Suhardi sweats profusely under the midday tropical sun, using makeshift machinery to illegally mine tin on Indonesia's Bangka island.
The 45-year-old former driver operates two small wooden towers with water pumps to wash sand and separate the ore on what was once a beautiful beach on the eastern side of Bangka island.
"I used to be a driver and rent out my car, but I sold it and used the money to start this more than a year ago," Suhardi said, gesturing to his equipment, one of dozens of illegal mining operations on the beach.
A few minutes drive away, Erry Riyana Hardjapamekas frets at the impact the illegal tin mining operations are having on his firm, state-run PT Timah Tbk, the world's largest integrated tin producer.
PT Timah now produces less than the combined output from the illegal miners operating on its land without permits. Those operations in Indonesia's tin heartland have helped flood the world market, driving down prices.
"We have had to temporarily stop operating two of our dredgers. We have also suspended activities in 100 sites," the president director of Timah said glumly from a port office, pointing out one of the idle dredgers lying just off another beach.
"Tin prices are now below our production costs ... We have to suspend high-cost activities."
Authorities sympathize
Timah last month threatened to quit Bangka if action was not taken to curb the illegal miners. Authorities said they sympathized but wanted to tread lightly because many people on the island depended on the operations.
Besides Suhardi, dozens of other tin miners have set up wooden towers in one of a plethora of illegal mining hubs that bedevil domestic and foreign investors across the resource-rich Indonesian archipelago.
Illegal mining exploded when former autocrat Suharto fell from power in 1998, worsening a breakdown in law and order that had accompanied the Asian financial crisis.
Nowhere is it more apparent than on Bangka, 450km north of Jakarta.
Illegal miners here are mainly impoverished workers trespassing on mining claims but sometimes they are backed by wealthy businessmen.
Already weakened by sluggish demand due to a global economic slowdown, world tin prices have been dragged down further by a doubling in supply of tin ores and tin-in-concentrates from Indonesian illegal mining activities.
Tin prices on the London Metal Exchange are around 30 percent below levels at the beginning of the year.

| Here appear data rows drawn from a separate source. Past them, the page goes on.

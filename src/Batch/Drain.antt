-- ===== src/Batch/Drain.antt =====
-- Runs one after another: how long a review can wait.
use dost_review_api.Prelude.{
  ℕ, suc, ◌≤◌, ◌≡◌, refl, ap, subst, ◌∙◌, Bool, true, false, some, List, arith, count, Bool-cases,
  Option-cases, inl, inr,
}
use dost_review_api.Models.{Uuid}
use dost_review_api.Review.{Row, is_processing, find}
use dost_review_api.Review.Laws.{HasUniqueIds}
use dost_review_api.Batch.Database.{Db, elem}
use dost_review_api.Batch.Claim.{is_claimable, claimed_ids}
use dost_review_api.Batch.Engine.{Settings, Env, Attempt, in_except, run_batch}
use dost_review_api.Batch.Chosen.{find-keep, elem-chosen, not-elem-find}
use dost_review_api.Batch.Retries.{IsBounded, run_batch-IsBounded}
use dost_review_api.Batch.Ids.{run_batch-ids, unique-ids, absent-ids}
use dost_review_api.Batch.Counts.{run_batch-ends}
use dost_review_api.Batch.Progress.{Advanced}
use dost_review_api.Batch.Advances.{Fate, run_batch-Fate}
use dost_review_api.Batch.Waiting.{waits, claims-all, WaitedBefore, count-waits}

-- No review is left over from an earlier run, and one that waits has failed at least `i` times.
abbrev pub Patient : ℕ → Row → Type 0
Patient i r = (is_processing r.status ≡ false) × (waits r ≡ true → i ≤ r.retry_count)

-- What a run begins with: all that waits fits into it, and has waited through `i` runs.
abbrev pub Ready : Settings → ℕ → List Row → Type 0
Ready settings i rows =
    HasUniqueIds rows
    × IsBounded settings.max_review_retries rows
    × (count waits rows ≤ settings.max_reviews_per_batch)
    × ((k : Uuid) (r : Row) → find k rows ≡ some r → Patient i r)

-- A run in which nothing raises and no other transaction holds a lock. The engine may fail.
abbrev pub Healthy : Env → Type 0
Healthy env =
    (env.engine_loads ≡ true)
    × (env.claim_fails ≡ false)
    × ((k : Uuid) → env.locked k ≡ false)
    × ((attempt : Attempt) (k : Uuid) → env.update_fails attempt k ≡ false)

module _ (settings : Settings) (env : Env) (batch_id : Uuid) (db : Db) (i : ℕ)
    (healthy : Healthy env) (ready : Ready settings i db.reviews) where
  abbrev after : List Row
  after = (run_batch settings env batch_id db).1.db.reviews

  abbrev taken : List Uuid
  taken = claimed_ids env.locked settings.max_reviews_per_batch db.reviews

  abbrev Later : Row → Row → Type 0
  Later r s = Patient (suc i) s × (waits s ≡ true → waits r ≡ true)

  claimed-Later :
      (r q : Row) → waits r ≡ true → Patient i r → Advanced settings r.retry_count q → Later r q
  claimed-Later r q w p (inl e) = rw e ((refl, (λ h. absurd (cc h))), (λ h. w))
  claimed-Later r q w p (inr (inl e)) = rw e ((refl, (λ h. absurd (cc h))), (λ h. w))
  claimed-Later r q w p (inr (inr (e, n, below))) =
      rw (e, n) ((refl, (λ h. omega (arith, p.1 w))), (λ h. w))

  untouched-Later : (r : Row) → waits r ≡ false → Patient i r → Later r r
  untouched-Later r idle p = ((p.0, (λ w. absurd (cc (w, idle)))), (λ w. w))

  taken-waits :
      (k : Uuid) (r : Row) → find k db.reviews ≡ some r → elem k taken ≡ true → waits r ≡ true
  taken-waits k r stored is =
      let claimable : is_claimable env.locked r ≡ true =
        find-keep (is_claimable env.locked) k db.reviews r ready.0 stored
          (elem-chosen env.locked settings.max_reviews_per_batch k db.reviews is) in
      unfold is_claimable in ground (arith, claimable)

  stored-Later :
      (k : Uuid) (r s : Row) (e : Bool)
      → elem k taken ≡ e
      → find k db.reviews ≡ some r
      → find k after ≡ some s
      → Fate settings k r e after
      → Later r s
  stored-Later k r s true is stored at (q, found, advanced) =
      let same : q ≡ s = cc in
      rw same at (claimed-Later r q (taken-waits k r stored is) (ready.3 k r stored) advanced)
  stored-Later k r s false is stored at kept =
      let same : r ≡ s = cc in
      let idle : waits r ≡ false = elim (Bool-cases (waits r)) [
        | inl w ↦ absurd (
            cc (
              is,
              claims-all env.locked settings.max_reviews_per_batch k db.reviews r healthy.2 ready.2
                  stored w,
            ))
        | inr w ↦ w
      ] in
      subst (λ (q : Row). Later r q) same (untouched-Later r idle (ready.3 k r stored))

  row-Later :
      (k : Uuid) (s : Row)
      → find k after ≡ some s
      → (r : Row) × (find k db.reviews ≡ some r) × Later r s
  row-Later k s at = elim (Option-cases (find k db.reviews)) [
    | inl gone ↦ absurd (
        cc (
          at,
          absent-ids k after (
              ap (elem k) (run_batch-ids settings env batch_id db)
              ∙ not-elem-find k db.reviews gone),
        ))
    | inr (r, stored) ↦ (
      r,
      stored,
      stored-Later k r s (elem k taken) refl stored at (
          run_batch-Fate settings env batch_id db k r ready.0 stored healthy.3
            (run_batch-ends settings env batch_id db healthy.0 healthy.1 (healthy.3 in_except))),
    )
  ]

  was_waiting : WaitedBefore db.reviews after
  was_waiting k s at w = let (r, stored, later) = row-Later k s at in rw stored (later.1 w)

  pub after-Ready : Ready settings (suc i) after
  after-Ready = (
    unique-ids db.reviews after (run_batch-ids settings env batch_id db) ready.0,
    run_batch-IsBounded settings env batch_id db ready.0 ready.1,
    omega (
      arith,
      count-waits db.reviews after (run_batch-ids settings env batch_id db) ready.0 was_waiting,
      ready.2,
    ),
    (λ k s at. let (r, stored, later) = row-Later k s at in later.0),
  )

Stockpiles are high and tin consumption in the West is expected to fall by some 4.9 percent this year.
Timah says the 5,000 illegal miners on Bangka and neighboring Belitung island will produce an estimated 42,000 tonnes, exceeding the company's output last year of 40,000 tonnes.
Profit drop expected
Timah's production this year is seen as steady. It said last month it expected its net profit this year to drop four fifths to 64 billion rupiah (US$6.5 million) and warned of a loss of up to 516 billion rupiah next year if tin prices kept falling and rampant illegal mining went uncontrolled.
Prices of tin, used mainly in can making, fell from about US$5,400 a tonne last year to about US$3,500 a tonne in early October.
Illegal mining in Bangka and Belitung really took off when workers who lost their jobs in big cities during the Asian financial crisis returned home.
The two islands produce about 85 percent of Indonesia's total tin.
It's certainly a lucrative business in a country with a per capita income of around US$500 a year.
"I collect 40kg to 50kg a day," Suhardi said. "The 15 million rupiah (US$1,500) I used as capital was back after three months in operation,"
The number of illegal miners has risen even further since officials in June issued tin export licences to businessmen following the introduction of new autonomy laws in January.
Under the laws, regional authorities are given more say in managing their affairs, including mining.
"Exporters mostly get the ore from illegal miners. We know they exported 9,900 tonnes of tin ore from July to September," Hardjapamekas said. "It's a free-for-all commodity now."